Rigid like a lot of usa power tool companies have no uk importers. So you would need to import one yourself, and have the added benefit of paying loads on shipping and then the vat/ import duty on top.


----------



## thejarv (4 Apr 2014)

just amazed they don't distribute in the UK there full range. they sell other stuff just not there table saws.


----------



## jimporter (14 Aug 2014)

I have been looking at this just today and thought the Ridgid R4512 looked pretty good but unfortunately they have a bad reputation for returns as the blade goes out of true on the rise and fall, a problem believed to lie in the trunion design.

What get me is the price differences in the machines on offer. While looking at machines I priced up, at Homedepot online, the two Ridgid machines R4512 and the R4513 ($529 and $499 respectively), the Dewalt DWE7491 ($564.50) and the Bosch 4100 ($529). All these prices include with stands with the 3 portable ones being rise and fall types. At todays exchange rates the most expensive of these, the Dewalt is £338. Now compare that to the cheapest price I could find online in the UK of £699 ex VAT. Are we being ripped off, I think so.

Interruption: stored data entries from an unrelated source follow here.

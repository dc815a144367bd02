-- ===== src/Engine/Vserver.antt =====
-- engine/vserver.go: the running state of a vserver, its services and their destinations. The Go code
-- links them by pointers in both directions; here a vserver holds its services and a service its
-- destinations, and a destination is named by the keys of its service and its own. What the code asks
-- of the NCC and of the load balancing interface is the list of operations that each function
-- returns, in order. Maps are walked in the order of their list, which may be any.
pub mod Data
pub mod Service
pub mod State
pub mod Settled
pub mod Addresses
pub mod Found
pub mod Services
pub mod Events
pub mod Health
pub mod Runs
pub mod Histories
pub mod TakenDown
pub mod Shutdown
pub mod Config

The normal argument for this is the market is not as big in Europe and they don't sell as many, well news folks lower the price and you will sell a lot more. I imagine myself and a lot of other DIYers would buy one for around £420-450 (£338 +VAT) instead of some of the cheaper rubbish we are offered never mind how many they would sell to tradesmen. I mean for pities sake buying the DWE74911 stand alone is £110 ex VAT.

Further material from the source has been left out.